--- START ---

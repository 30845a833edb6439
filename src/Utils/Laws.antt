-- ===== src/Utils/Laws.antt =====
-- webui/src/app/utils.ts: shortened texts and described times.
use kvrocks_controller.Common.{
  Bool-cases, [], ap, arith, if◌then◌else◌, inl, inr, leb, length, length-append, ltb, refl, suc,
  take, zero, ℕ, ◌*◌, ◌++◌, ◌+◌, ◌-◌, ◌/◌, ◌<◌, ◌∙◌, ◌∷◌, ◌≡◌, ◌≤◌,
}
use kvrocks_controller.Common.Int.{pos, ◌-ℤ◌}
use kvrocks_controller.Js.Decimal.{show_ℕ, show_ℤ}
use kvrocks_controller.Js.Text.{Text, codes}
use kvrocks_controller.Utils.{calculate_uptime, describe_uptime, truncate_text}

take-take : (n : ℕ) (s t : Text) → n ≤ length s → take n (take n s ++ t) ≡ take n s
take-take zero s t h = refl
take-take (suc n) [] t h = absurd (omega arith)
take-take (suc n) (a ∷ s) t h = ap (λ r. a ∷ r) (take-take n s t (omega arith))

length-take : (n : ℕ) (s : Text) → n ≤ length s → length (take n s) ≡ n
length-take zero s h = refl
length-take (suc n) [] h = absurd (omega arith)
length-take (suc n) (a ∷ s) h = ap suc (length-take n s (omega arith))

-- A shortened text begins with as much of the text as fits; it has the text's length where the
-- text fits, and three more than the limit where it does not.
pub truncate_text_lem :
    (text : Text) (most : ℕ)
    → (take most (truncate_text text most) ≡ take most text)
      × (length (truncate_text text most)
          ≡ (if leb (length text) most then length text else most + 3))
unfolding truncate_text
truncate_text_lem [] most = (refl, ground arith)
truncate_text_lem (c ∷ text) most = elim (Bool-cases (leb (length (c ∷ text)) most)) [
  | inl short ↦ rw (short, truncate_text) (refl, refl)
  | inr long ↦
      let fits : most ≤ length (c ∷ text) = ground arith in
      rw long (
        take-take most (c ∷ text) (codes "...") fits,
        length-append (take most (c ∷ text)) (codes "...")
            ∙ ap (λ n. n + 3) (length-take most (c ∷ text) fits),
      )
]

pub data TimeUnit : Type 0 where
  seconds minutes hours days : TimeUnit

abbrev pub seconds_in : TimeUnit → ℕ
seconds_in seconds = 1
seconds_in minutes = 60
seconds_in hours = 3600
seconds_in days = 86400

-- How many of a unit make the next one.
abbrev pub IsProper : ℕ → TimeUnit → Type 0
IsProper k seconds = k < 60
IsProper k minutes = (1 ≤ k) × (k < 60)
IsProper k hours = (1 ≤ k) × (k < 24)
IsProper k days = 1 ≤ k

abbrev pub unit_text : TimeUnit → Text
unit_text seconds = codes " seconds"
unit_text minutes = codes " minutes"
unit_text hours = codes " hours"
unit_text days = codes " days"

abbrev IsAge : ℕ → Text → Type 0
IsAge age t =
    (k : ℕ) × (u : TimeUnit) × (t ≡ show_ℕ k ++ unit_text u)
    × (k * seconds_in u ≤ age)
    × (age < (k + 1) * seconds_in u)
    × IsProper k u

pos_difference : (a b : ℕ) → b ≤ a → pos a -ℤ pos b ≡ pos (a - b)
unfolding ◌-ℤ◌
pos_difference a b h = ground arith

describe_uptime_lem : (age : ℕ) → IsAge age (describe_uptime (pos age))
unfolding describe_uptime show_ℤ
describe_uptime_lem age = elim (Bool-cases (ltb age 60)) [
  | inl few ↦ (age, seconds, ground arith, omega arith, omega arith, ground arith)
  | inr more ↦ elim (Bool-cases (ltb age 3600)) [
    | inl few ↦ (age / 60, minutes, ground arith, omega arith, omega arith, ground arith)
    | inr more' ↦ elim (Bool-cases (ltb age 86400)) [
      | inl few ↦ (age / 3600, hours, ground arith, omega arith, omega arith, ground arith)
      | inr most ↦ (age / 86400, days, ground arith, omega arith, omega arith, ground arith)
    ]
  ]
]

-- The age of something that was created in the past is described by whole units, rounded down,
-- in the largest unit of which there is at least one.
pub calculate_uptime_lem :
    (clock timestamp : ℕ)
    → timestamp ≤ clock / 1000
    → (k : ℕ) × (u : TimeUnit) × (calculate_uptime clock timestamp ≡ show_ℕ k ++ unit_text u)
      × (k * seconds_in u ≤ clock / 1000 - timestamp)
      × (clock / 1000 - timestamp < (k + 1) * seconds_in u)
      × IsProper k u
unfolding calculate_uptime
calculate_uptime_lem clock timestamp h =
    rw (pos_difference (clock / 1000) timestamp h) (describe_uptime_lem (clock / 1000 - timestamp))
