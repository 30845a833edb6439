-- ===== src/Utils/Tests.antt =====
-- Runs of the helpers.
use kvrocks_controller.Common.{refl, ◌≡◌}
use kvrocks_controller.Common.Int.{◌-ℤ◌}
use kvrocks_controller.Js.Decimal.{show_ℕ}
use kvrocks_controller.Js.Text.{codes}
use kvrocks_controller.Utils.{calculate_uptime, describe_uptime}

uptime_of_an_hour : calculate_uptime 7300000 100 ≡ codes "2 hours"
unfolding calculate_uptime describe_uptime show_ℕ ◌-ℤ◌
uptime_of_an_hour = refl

--- END ---

• EXERCISE GOAL:
Write out each line above with the word "abbrev".

• SOLUTION:
abbrev pub seconds_in : TimeUnit → ℕ
abbrev pub IsProper : ℕ → TimeUnit → Type 0
abbrev pub unit_text : TimeUnit → Text
abbrev IsAge : ℕ → Text → Type 0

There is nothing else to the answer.